= The problem =
Take the lines below between the one holding "filename src/Ledger/Invariant.antt" and the one holding "pub reconciled : (k", inclusive, and copy them exactly. Add nothing.
####################
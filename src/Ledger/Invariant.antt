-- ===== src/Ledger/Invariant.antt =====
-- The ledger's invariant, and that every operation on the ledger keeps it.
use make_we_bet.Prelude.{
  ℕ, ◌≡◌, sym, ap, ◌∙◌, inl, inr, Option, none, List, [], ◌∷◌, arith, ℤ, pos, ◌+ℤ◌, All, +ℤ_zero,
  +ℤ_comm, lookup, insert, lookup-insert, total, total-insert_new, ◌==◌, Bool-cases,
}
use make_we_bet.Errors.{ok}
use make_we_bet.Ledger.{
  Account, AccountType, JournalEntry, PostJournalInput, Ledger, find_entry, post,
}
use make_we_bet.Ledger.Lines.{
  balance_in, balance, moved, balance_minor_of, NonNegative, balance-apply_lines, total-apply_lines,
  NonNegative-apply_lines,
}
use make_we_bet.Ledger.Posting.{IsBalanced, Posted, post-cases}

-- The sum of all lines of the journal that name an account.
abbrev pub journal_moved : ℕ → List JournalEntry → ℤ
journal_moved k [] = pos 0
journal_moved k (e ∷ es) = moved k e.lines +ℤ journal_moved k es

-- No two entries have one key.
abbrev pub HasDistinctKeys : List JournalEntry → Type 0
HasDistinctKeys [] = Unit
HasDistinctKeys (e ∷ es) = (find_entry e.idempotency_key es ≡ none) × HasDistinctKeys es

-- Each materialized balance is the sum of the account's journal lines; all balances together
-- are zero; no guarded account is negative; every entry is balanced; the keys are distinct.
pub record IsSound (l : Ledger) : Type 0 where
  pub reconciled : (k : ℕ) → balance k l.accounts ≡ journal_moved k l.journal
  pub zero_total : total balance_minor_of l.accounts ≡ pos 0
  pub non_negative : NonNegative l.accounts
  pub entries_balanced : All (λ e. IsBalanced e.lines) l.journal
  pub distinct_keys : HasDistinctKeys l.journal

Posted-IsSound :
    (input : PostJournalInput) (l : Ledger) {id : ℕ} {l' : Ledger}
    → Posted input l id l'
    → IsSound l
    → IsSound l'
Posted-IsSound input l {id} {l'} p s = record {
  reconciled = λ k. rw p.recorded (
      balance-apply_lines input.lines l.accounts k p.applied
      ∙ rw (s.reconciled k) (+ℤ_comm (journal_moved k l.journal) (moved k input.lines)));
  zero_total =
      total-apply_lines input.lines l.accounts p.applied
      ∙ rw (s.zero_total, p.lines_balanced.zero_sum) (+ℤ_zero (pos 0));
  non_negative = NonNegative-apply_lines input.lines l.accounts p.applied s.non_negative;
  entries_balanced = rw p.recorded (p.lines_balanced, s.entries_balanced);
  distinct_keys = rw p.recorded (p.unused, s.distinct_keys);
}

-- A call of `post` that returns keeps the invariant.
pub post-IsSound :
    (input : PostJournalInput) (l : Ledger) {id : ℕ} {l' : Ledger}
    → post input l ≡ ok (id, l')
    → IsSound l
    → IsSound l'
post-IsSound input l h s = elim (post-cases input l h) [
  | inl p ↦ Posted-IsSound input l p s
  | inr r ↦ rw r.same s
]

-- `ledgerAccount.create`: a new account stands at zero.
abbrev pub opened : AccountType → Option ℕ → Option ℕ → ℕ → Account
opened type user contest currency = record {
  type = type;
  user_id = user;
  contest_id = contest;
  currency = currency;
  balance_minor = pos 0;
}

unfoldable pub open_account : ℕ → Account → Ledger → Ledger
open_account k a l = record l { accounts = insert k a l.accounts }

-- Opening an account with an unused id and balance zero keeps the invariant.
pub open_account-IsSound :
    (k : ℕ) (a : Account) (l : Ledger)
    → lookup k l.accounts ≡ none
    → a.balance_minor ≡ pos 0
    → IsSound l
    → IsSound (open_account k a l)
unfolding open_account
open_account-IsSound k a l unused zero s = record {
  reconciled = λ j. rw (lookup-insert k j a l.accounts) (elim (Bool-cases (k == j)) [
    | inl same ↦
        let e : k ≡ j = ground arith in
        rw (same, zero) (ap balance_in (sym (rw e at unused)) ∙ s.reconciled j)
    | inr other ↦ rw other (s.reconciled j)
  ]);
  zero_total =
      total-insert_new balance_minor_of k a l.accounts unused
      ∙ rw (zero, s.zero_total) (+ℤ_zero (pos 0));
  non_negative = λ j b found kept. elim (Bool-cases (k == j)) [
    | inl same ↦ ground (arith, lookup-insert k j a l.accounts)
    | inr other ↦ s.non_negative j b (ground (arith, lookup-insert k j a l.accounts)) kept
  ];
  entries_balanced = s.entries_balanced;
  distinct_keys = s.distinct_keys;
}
####################
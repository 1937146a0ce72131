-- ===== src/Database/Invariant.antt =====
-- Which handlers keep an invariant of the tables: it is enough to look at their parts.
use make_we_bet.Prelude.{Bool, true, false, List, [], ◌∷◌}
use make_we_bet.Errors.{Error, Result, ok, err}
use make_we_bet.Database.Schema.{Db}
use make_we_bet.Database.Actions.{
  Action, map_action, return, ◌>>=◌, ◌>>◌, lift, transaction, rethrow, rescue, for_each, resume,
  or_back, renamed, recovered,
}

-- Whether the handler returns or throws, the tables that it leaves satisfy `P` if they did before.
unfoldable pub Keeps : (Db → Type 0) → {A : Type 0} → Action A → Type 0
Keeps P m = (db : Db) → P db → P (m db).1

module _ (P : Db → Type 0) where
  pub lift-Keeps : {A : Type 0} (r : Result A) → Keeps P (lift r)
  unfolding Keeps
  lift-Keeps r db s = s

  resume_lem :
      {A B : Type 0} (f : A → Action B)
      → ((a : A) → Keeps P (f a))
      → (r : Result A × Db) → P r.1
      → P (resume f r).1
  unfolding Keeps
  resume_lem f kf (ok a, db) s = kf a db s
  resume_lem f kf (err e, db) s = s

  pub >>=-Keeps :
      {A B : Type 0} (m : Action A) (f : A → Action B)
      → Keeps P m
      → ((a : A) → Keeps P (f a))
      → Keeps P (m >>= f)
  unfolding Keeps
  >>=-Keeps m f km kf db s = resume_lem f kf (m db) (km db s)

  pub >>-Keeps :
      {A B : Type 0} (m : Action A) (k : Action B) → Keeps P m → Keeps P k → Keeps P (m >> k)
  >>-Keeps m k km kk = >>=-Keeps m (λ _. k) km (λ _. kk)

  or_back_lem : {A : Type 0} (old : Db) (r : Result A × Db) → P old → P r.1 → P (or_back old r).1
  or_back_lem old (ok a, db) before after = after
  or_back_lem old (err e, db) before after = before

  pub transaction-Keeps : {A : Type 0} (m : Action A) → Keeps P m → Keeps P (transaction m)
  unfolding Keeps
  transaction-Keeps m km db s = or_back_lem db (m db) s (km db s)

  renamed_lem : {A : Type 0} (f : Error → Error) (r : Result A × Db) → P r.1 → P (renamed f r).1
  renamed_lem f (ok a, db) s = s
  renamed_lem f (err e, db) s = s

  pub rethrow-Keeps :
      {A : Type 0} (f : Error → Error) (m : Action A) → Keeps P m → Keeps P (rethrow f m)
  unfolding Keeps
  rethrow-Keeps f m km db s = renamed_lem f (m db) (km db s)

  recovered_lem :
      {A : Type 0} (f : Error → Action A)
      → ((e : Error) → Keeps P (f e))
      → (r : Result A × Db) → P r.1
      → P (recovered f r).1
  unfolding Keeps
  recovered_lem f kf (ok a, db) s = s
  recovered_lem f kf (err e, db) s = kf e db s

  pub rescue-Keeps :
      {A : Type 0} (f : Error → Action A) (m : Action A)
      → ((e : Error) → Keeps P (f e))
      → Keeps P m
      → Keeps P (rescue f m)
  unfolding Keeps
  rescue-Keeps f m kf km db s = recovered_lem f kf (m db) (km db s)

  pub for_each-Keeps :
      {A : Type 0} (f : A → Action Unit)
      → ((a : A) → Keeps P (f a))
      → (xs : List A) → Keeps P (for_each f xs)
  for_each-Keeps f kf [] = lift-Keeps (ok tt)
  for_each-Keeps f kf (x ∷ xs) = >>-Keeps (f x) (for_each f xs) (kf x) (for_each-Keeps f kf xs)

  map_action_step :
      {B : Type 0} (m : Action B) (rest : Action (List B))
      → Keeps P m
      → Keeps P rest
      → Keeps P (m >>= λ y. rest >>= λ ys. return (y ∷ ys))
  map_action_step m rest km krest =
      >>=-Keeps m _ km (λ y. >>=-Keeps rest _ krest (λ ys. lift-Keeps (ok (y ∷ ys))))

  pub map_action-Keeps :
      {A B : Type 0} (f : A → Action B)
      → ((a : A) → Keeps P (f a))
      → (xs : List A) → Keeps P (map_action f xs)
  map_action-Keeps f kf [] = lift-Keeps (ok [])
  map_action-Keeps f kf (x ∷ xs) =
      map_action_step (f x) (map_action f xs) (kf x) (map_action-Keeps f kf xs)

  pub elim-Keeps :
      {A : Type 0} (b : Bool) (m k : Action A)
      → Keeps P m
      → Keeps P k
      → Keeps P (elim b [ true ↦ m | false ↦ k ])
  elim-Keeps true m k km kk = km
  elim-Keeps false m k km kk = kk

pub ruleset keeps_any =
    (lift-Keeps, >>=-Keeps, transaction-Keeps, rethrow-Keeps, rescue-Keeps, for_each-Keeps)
####################
= Reply to the exercise =
filename src/Ledger/Invariant.antt
-- ===== src/Ledger/Invariant.antt =====
-- The ledger's invariant, and that every operation on the ledger keeps it.
use make_we_bet.Prelude.{
  ℕ, ◌≡◌, sym, ap, ◌∙◌, inl, inr, Option, none, List, [], ◌∷◌, arith, ℤ, pos, ◌+ℤ◌, All, +ℤ_zero,
  +ℤ_comm, lookup, insert, lookup-insert, total, total-insert_new, ◌==◌, Bool-cases,
}
use make_we_bet.Errors.{ok}
use make_we_bet.Ledger.{
  Account, AccountType, JournalEntry, PostJournalInput, Ledger, find_entry, post,
}
use make_we_bet.Ledger.Lines.{
  balance_in, balance, moved, balance_minor_of, NonNegative, balance-apply_lines, total-apply_lines,
  NonNegative-apply_lines,
}
use make_we_bet.Ledger.Posting.{IsBalanced, Posted, post-cases}

-- The sum of all lines of the journal that name an account.
abbrev pub journal_moved : ℕ → List JournalEntry → ℤ
journal_moved k [] = pos 0
journal_moved k (e ∷ es) = moved k e.lines +ℤ journal_moved k es

-- No two entries have one key.
abbrev pub HasDistinctKeys : List JournalEntry → Type 0
HasDistinctKeys [] = Unit
HasDistinctKeys (e ∷ es) = (find_entry e.idempotency_key es ≡ none) × HasDistinctKeys es

-- Each materialized balance is the sum of the account's journal lines; all balances together
-- are zero; no guarded account is negative; every entry is balanced; the keys are distinct.
pub record IsSound (l : Ledger) : Type 0 where
  pub reconciled : (k : ℕ) → balance k l.accounts ≡ journal_moved k l.journal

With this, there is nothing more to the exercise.